TASK DETAILS:
Copy every entry. Do not alter a single word.

Data excerpts:
-----

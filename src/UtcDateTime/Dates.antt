-- ===== src/UtcDateTime/Dates.antt =====
-- src/BSON/UTCDateTime.c: to a DateTime and back.
use dotdeb_php_mongodb.Prelude.{
  ◌+◌, ◌*◌, ℤ, pos, negsuc, pos_part, neg_part, sub_ℕ, ◌≤ℤ◌, ◌==ℤ◌, eq_of_==ℤ, int64_min, int64_max,
  Bool, true, all_below, all_below-at, none, ◌∷◌, ◌≡◌, refl, ap, ◌∙◌, arith, ◌≤◌, ◌-◌, suc, ◌<◌, ℕ,
}
use dotdeb_php_mongodb.Double.{Double, divide, from_int}
use dotdeb_php_mongodb.UtcDateTime.{
  utcdatetime_init, UtcDateTime, Engine, quotient, remainder, from_parts, to_i64, microseconds,
  fraction, init_from_date, to_date_time,
}

-- An integer times 1000.
abbrev pub thousandfold : ℤ → ℤ
thousandfold v = sub_ℕ (pos_part v * 1000) (neg_part v * 1000)

abbrev pub Small : ℤ → Type 0
Small v = (negsuc 998 ≤ℤ v) × (v ≤ℤ pos 999)

remainder-Small : (v : ℤ) → Small (remainder v)
remainder-Small (pos n) = ground arith
remainder-Small (negsuc n) = ground arith

quotient-thousandfold : (v : ℤ) → quotient (thousandfold v) ≡ v
quotient-thousandfold (pos n) = ground arith
quotient-thousandfold (negsuc n) = ground arith

to_i64-in_range : (v : ℤ) → int64_min ≤ℤ v → v ≤ℤ int64_max → to_i64 v ≡ v
to_i64-in_range (pos n) h g = ground arith
to_i64-in_range (negsuc n) h g = ground arith

parts_sum :
    (v : ℤ)
    → sub_ℕ
        (pos_part (quotient v) * 1000 + pos_part (remainder v))
        (neg_part (quotient v) * 1000 + neg_part (remainder v))
      ≡ v
parts_sum (pos n) = ground arith
parts_sum (negsuc n) = ground arith

from_parts-quotient :
    (v : ℤ)
    → int64_min ≤ℤ v
    → v ≤ℤ int64_max
    → from_parts (quotient v) (thousandfold (remainder v)) ≡ v
from_parts-quotient v h g =
    ap
      (λ u. to_i64 (
        sub_ℕ (pos_part (quotient v) * 1000 + pos_part u)
          (neg_part (quotient v) * 1000 + neg_part u)))
      (quotient-thousandfold (remainder v))
    ∙ ap to_i64 (parts_sum v)
    ∙ to_i64-in_range v h g

-- Whether a number of milliseconds is read back from the double that holds it as a fraction.
abbrev is_exact : ℤ → Bool
is_exact v = microseconds (fraction v) ==ℤ thousandfold v

below_0 : all_below (λ n. is_exact (negsuc n)) 999 ≡ true
below_0 = refl

from_0 : all_below (λ n. is_exact (pos n)) 1000 ≡ true
from_0 = refl

-- Computed for each number of milliseconds below a second, before the epoch and after.
microseconds-fraction : (v : ℤ) → Small v → microseconds (fraction v) ≡ thousandfold v
microseconds-fraction (pos n) h =
    eq_of_==ℤ _ _ (all_below-at (λ n. is_exact (pos n)) n 1000 (omega arith) from_0)
microseconds-fraction (negsuc n) h =
    eq_of_==ℤ _ _ (all_below-at (λ n. is_exact (negsuc n)) n 999 (omega arith) below_0)

pub init_from_date-to_date_time :
    (engine : Engine)
    → ((v : ℤ) → engine.date_initialize (b'@' ∷ engine.print_i64 v) ≡ v)
    → (x : UtcDateTime) → int64_min ≤ℤ x.milliseconds
    → x.milliseconds ≤ℤ int64_max
    → init_from_date (to_date_time engine x)
      ≡ (record { initialized = true; milliseconds = x.milliseconds }, none)
unfolding init_from_date to_date_time
init_from_date-to_date_time engine dates x h g =
    ap (λ v. (record { initialized = true; milliseconds = v }, none))
      (ap (λ s. from_parts s (microseconds (fraction (remainder x.milliseconds))))
          (dates (quotient x.milliseconds))
        ∙ ap (from_parts (quotient x.milliseconds))
            (microseconds-fraction (remainder x.milliseconds) (remainder-Small x.milliseconds))
        ∙ from_parts-quotient x.milliseconds h g)

-- So many fifths of a microsecond before the end of so many milliseconds, as a double in seconds.
abbrev pub fifths_before : ℕ → ℕ → Double
fifths_before fifths n = divide (from_int (pos (5000 * n - fifths))) (from_int (pos 5000000))

abbrev rounds_to : ℕ → ℕ → ℕ → Bool
rounds_to fifths less n = microseconds (fifths_before fifths (suc n)) ==ℤ pos (1000 * suc n - less)

rounded_up : all_below (rounds_to 2 0) 1000 ≡ true
rounded_up = refl

rounded_down : all_below (rounds_to 3 1) 1000 ≡ true
rounded_down = refl

microseconds-before :
    (fifths less n : ℕ)
    → all_below (rounds_to fifths less) 1000 ≡ true
    → n < 1000
    → microseconds (fifths_before fifths (suc n)) ≡ pos (1000 * suc n - less)
microseconds-before fifths less n computed h =
    eq_of_==ℤ _ _ (all_below-at (rounds_to fifths less) n 1000 h computed)

whole_milliseconds :
    (s n : ℕ)
    → s * 1000 + suc n ≤ 9223372036854775807
    → from_parts (pos s) (pos (1000 * suc n - 0)) ≡ pos (s * 1000 + suc n)
whole_milliseconds s n h = ground arith

one_less :
    (s n : ℕ)
    → s * 1000 + suc n ≤ 9223372036854775807
    → from_parts (pos s) (pos (1000 * suc n - 1)) ≡ pos (s * 1000 + n)
one_less s n h = ground arith

-- Two fifths of a microsecond before a millisecond count as the millisecond, three do not.
pub init_from_date-rounds :
    (s n : ℕ)
    → n < 1000
    → s * 1000 + suc n ≤ 9223372036854775807
    → (init_from_date (record { sse = pos s; f = fifths_before 2 (suc n) })
        ≡ (record { initialized = true; milliseconds = pos (s * 1000 + suc n) }, none))
      × (init_from_date (record { sse = pos s; f = fifths_before 3 (suc n) })
          ≡ (record { initialized = true; milliseconds = pos (s * 1000 + n) }, none))
unfolding init_from_date
init_from_date-rounds s n h g = (
  ap (λ u. utcdatetime_init (from_parts (pos s) u)) (microseconds-before 2 0 n rounded_up h)
      ∙ ap utcdatetime_init (whole_milliseconds s n g),
  ap (λ u. utcdatetime_init (from_parts (pos s) u)) (microseconds-before 3 1 n rounded_down h)
      ∙ ap utcdatetime_init (one_less s n g),
)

-----

EXERCISE RESULT:
filename src/UtcDateTime/Dates.antt
-- ===== src/UtcDateTime/Dates.antt =====
-- src/BSON/UTCDateTime.c: to a DateTime and back.
use dotdeb_php_mongodb.Prelude.{
  ◌+◌, ◌*◌, ℤ, pos, negsuc, pos_part, neg_part, sub_ℕ, ◌≤ℤ◌, ◌==ℤ◌, eq_of_==ℤ, int64_min, int64_max,
  Bool, true, all_below, all_below-at, none, ◌∷◌, ◌≡◌, refl, ap, ◌∙◌, arith, ◌≤◌, ◌-◌, suc, ◌<◌, ℕ,
}
use dotdeb_php_mongodb.Double.{Double, divide, from_int}
use dotdeb_php_mongodb.UtcDateTime.{
  utcdatetime_init, UtcDateTime, Engine, quotient, remainder, from_parts, to_i64, microseconds,
  fraction, init_from_date, to_date_time,
}

-- An integer times 1000.
abbrev pub thousandfold : ℤ → ℤ
thousandfold v = sub_ℕ (pos_part v * 1000) (neg_part v * 1000)

abbrev pub Small : ℤ → Type 0
Small v = (negsuc 998 ≤ℤ v) × (v ≤ℤ pos 999)

remainder-Small : (v : ℤ) → Small (remainder v)
remainder-Small (pos n) = ground arith
remainder-Small (negsuc n) = ground arith

quotient-thousandfold : (v : ℤ) → quotient (thousandfold v) ≡ v
quotient-thousandfold (pos n) = ground arith
quotient-thousandfold (negsuc n) = ground arith

to_i64-in_range : (v : ℤ) → int64_min ≤ℤ v → v ≤ℤ int64_max → to_i64 v ≡ v
to_i64-in_range (pos n) h g = ground arith
to_i64-in_range (negsuc n) h g = ground arith

parts_sum :
    (v : ℤ)
    → sub_ℕ
        (pos_part (quotient v) * 1000 + pos_part (remainder v))
        (neg_part (quotient v) * 1000 + neg_part (remainder v))
      ≡ v
parts_sum (pos n) = ground arith
parts_sum (negsuc n) = ground arith

from_parts-quotient :
    (v : ℤ)
    → int64_min ≤ℤ v
    → v ≤ℤ int64_max
    → from_parts (quotient v) (thousandfold (remainder v)) ≡ v
from_parts-quotient v h g =
    ap
      (λ u. to_i64 (
        sub_ℕ (pos_part (quotient v) * 1000 + pos_part u)
          (neg_part (quotient v) * 1000 + neg_part u)))
      (quotient-thousandfold (remainder v))
    ∙ ap to_i64 (parts_sum v)
    ∙ to_i64-in_range v h g

-- Whether a number of milliseconds is read back from the double that holds it as a fraction.
abbrev is_exact : ℤ → Bool
is_exact v = microseconds (fraction v) ==ℤ thousandfold v

below_0 : all_below (λ n. is_exact (negsuc n)) 999 ≡ true
below_0 = refl

from_0 : all_below (λ n. is_exact (pos n)) 1000 ≡ true
from_0 = refl

-- Computed for each number of milliseconds below a second, before the epoch and after.
microseconds-fraction : (v : ℤ) → Small v → microseconds (fraction v) ≡ thousandfold v
microseconds-fraction (pos n) h =
    eq_of_==ℤ _ _ (all_below-at (λ n. is_exact (pos n)) n 1000 (omega arith) from_0)
microseconds-fraction (negsuc n) h =
    eq_of_==ℤ _ _ (all_below-at (λ n. is_exact (negsuc n)) n 999 (omega arith) below_0)

pub init_from_date-to_date_time :
    (engine : Engine)
    → ((v : ℤ) → engine.date_initialize (b'@' ∷ engine.print_i64 v) ≡ v)
    → (x : UtcDateTime) → int64_min ≤ℤ x.milliseconds
    → x.milliseconds ≤ℤ int64_max
    → init_from_date (to_date_time engine x)
      ≡ (record { initialized = true; milliseconds = x.milliseconds }, none)
unfolding init_from_date to_date_time
init_from_date-to_date_time engine dates x h g =
    ap (λ v. (record { initialized = true; milliseconds = v }, none))
      (ap (λ s. from_parts s (microseconds (fraction (remainder x.milliseconds))))
          (dates (quotient x.milliseconds))
        ∙ ap (from_parts (quotient x.milliseconds))
            (microseconds-fraction (remainder x.milliseconds) (remainder-Small x.milliseconds))
        ∙ from_parts-quotient x.milliseconds h g)

-- So many fifths of a microsecond before the end of so many milliseconds, as a double in seconds.
abbrev pub fifths_before : ℕ → ℕ → Double
fifths_before fifths n = divide (from_int (pos (5000 * n - fifths))) (from_int (pos 5000000))

abbrev rounds_to : ℕ → ℕ → ℕ → Bool
rounds_to fifths less n = microseconds (fifths_before fifths (suc n)) ==ℤ pos (1000 * suc n - less)

rounded_up : all_below (rounds_to 2 0) 1000 ≡ true
rounded_up = refl

rounded_down : all_below (rounds_to 3 1) 1000 ≡ true
rounded_down = refl

microseconds-before :
    (fifths less n : ℕ)
    → all_below (rounds_to fifths less) 1000 ≡ true
    → n < 1000
    → microseconds (fifths_before fifths (suc n)) ≡ pos (1000 * suc n - less)
microseconds-before fifths less n computed h =
    eq_of_==ℤ _ _ (all_below-at (rounds_to fifths less) n 1000 h computed)

whole_milliseconds :
    (s n : ℕ)
    → s * 1000 + suc n ≤ 9223372036854775807
    → from_parts (pos s) (pos (1000 * suc n - 0)) ≡ pos (s * 1000 + suc n)
whole_milliseconds s n h = ground arith

one_less :
    (s n : ℕ)
    → s * 1000 + suc n ≤ 9223372036854775807
    → from_parts (pos s) (pos (1000 * suc n - 1)) ≡ pos (s * 1000 + n)
one_less s n h = ground arith

-- Two fifths of a microsecond before a millisecond count as the millisecond, three do not.
pub init_from_date-rounds :
    (s n : ℕ)
    → n < 1000
    → s * 1000 + suc n ≤ 9223372036854775807
    → (init_from_date (record { sse = pos s; f = fifths_before 2 (suc n) })
        ≡ (record { initialized = true; milliseconds = pos (s * 1000 + suc n) }, none))
      × (init_from_date (record { sse = pos s; f = fifths_before 3 (suc n) })
          ≡ (record { initialized = true; milliseconds = pos (s * 1000 + n) }, none))
unfolding init_from_date
init_from_date-rounds s n h g = (
  ap (λ u. utcdatetime_init (from_parts (pos s) u)) (microseconds-before 2 0 n rounded_up h)
      ∙ ap utcdatetime_init (whole_milliseconds s n g),
  ap (λ u. utcdatetime_init (from_parts (pos s) u)) (microseconds-before 3 1 n rounded_down h)
      ∙ ap utcdatetime_init (one_less s n g),
)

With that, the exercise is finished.